— YOUR GOAL —
For the entries below, the result should be an exact transcription of the lines from the one with "abbrev pub at_index" up to and including the one with "unfolding filter_label", and only those.

[Dataset entries]
****

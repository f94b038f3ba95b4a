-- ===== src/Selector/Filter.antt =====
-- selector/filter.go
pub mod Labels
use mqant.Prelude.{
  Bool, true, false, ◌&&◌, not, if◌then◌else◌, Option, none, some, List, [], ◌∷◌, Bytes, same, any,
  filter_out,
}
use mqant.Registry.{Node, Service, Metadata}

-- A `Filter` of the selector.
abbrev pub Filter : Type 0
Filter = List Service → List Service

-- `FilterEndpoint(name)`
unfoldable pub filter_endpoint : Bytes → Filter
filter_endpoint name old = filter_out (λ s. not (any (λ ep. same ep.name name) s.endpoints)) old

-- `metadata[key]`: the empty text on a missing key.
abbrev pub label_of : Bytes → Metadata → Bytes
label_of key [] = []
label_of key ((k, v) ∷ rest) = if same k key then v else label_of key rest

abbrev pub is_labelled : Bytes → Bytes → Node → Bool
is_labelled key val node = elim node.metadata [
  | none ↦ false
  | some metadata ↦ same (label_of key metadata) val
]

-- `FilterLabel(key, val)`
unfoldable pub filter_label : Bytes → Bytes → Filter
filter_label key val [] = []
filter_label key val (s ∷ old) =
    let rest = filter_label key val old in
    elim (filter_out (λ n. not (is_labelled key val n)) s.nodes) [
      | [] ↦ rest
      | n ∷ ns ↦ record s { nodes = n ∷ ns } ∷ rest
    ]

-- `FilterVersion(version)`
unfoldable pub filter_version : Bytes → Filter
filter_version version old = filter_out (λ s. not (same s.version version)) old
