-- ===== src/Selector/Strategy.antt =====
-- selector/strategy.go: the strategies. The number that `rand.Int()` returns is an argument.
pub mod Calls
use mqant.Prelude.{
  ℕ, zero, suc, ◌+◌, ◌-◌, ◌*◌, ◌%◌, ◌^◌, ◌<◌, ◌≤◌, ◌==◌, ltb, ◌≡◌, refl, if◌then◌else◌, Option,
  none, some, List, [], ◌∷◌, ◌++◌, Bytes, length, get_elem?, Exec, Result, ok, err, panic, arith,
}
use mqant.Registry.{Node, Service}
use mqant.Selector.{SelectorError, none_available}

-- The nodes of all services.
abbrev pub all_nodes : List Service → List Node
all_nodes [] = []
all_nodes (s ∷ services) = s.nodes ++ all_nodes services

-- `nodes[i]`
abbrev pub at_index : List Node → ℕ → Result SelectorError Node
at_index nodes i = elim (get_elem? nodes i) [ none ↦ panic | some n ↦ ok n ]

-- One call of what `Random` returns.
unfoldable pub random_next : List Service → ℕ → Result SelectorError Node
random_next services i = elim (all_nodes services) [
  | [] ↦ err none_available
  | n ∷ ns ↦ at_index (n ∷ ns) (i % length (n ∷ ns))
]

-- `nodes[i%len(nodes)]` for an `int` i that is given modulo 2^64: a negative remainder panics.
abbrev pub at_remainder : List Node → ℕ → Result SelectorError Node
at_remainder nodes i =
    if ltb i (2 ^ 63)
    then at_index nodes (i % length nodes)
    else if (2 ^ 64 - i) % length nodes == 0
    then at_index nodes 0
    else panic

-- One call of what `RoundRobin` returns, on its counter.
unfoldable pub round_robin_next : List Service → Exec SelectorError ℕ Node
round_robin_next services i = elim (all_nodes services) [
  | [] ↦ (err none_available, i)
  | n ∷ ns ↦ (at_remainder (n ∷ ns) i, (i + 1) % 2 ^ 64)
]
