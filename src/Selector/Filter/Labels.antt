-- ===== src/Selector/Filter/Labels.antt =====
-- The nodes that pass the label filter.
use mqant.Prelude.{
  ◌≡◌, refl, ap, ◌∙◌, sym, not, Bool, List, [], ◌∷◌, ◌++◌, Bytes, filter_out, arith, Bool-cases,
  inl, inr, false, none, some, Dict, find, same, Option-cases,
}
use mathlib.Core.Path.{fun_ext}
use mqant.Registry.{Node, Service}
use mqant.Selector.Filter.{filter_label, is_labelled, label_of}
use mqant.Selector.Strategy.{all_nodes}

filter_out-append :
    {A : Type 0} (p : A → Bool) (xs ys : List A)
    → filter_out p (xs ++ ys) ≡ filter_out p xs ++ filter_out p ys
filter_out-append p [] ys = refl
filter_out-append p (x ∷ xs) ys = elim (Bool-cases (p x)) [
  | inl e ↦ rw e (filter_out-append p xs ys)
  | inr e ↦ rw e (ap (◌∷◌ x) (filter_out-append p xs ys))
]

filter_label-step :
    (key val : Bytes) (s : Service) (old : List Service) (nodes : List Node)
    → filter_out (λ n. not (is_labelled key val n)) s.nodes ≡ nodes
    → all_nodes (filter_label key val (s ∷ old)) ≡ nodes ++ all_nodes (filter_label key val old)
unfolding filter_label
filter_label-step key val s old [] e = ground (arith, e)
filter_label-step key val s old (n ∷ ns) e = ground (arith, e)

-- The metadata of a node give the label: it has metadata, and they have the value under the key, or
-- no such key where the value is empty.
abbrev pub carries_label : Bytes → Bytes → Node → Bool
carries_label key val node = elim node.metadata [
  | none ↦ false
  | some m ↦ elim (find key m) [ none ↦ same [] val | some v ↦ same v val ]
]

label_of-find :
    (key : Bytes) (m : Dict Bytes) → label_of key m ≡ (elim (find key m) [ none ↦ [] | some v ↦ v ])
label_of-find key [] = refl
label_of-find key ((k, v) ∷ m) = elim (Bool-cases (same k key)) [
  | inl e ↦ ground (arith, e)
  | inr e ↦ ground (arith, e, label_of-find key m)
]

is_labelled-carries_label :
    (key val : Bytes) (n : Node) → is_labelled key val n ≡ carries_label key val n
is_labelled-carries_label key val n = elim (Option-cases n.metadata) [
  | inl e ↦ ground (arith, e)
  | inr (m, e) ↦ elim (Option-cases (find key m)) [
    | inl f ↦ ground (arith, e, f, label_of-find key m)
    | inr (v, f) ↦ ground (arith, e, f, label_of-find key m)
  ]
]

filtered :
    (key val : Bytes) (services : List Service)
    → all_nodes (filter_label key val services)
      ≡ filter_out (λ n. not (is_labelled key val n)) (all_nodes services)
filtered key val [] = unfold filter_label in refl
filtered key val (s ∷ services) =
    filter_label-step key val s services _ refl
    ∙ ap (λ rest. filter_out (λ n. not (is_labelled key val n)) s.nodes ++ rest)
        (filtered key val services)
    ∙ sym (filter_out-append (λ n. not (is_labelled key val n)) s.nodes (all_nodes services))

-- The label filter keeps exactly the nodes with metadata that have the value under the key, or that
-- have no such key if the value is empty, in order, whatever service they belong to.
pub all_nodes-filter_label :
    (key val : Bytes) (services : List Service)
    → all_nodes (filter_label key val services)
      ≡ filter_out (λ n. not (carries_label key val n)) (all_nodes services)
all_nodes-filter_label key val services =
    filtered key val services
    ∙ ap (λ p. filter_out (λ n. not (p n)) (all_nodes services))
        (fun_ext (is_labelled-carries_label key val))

****

— RESULT OF THIS EXERCISE —
abbrev pub at_index : List Node → ℕ → Result SelectorError Node
at_index nodes i = elim (get_elem? nodes i) [ none ↦ panic | some n ↦ ok n ]

-- One call of what `Random` returns.
unfoldable pub random_next : List Service → ℕ → Result SelectorError Node
random_next services i = elim (all_nodes services) [
  | [] ↦ err none_available
  | n ∷ ns ↦ at_index (n ∷ ns) (i % length (n ∷ ns))
]

-- `nodes[i%len(nodes)]` for an `int` i that is given modulo 2^64: a negative remainder panics.
abbrev pub at_remainder : List Node → ℕ → Result SelectorError Node
at_remainder nodes i =
    if ltb i (2 ^ 63)
    then at_index nodes (i % length nodes)
    else if (2 ^ 64 - i) % length nodes == 0
    then at_index nodes 0
    else panic

-- One call of what `RoundRobin` returns, on its counter.
unfoldable pub round_robin_next : List Service → Exec SelectorError ℕ Node
round_robin_next services i = elim (all_nodes services) [
  | [] ↦ (err none_available, i)
  | n ∷ ns ↦ (at_remainder (n ∷ ns) i, (i + 1) % 2 ^ 64)
]
filename src/Selector/Filter/Labels.antt
-- ===== src/Selector/Filter/Labels.antt =====
-- The nodes that pass the label filter.
use mqant.Prelude.{
  ◌≡◌, refl, ap, ◌∙◌, sym, not, Bool, List, [], ◌∷◌, ◌++◌, Bytes, filter_out, arith, Bool-cases,
  inl, inr, false, none, some, Dict, find, same, Option-cases,
}
use mathlib.Core.Path.{fun_ext}
use mqant.Registry.{Node, Service}
use mqant.Selector.Filter.{filter_label, is_labelled, label_of}
use mqant.Selector.Strategy.{all_nodes}

filter_out-append :
    {A : Type 0} (p : A → Bool) (xs ys : List A)
    → filter_out p (xs ++ ys) ≡ filter_out p xs ++ filter_out p ys
filter_out-append p [] ys = refl
filter_out-append p (x ∷ xs) ys = elim (Bool-cases (p x)) [
  | inl e ↦ rw e (filter_out-append p xs ys)
  | inr e ↦ rw e (ap (◌∷◌ x) (filter_out-append p xs ys))
]

filter_label-step :
    (key val : Bytes) (s : Service) (old : List Service) (nodes : List Node)
    → filter_out (λ n. not (is_labelled key val n)) s.nodes ≡ nodes
    → all_nodes (filter_label key val (s ∷ old)) ≡ nodes ++ all_nodes (filter_label key val old)
unfolding filter_label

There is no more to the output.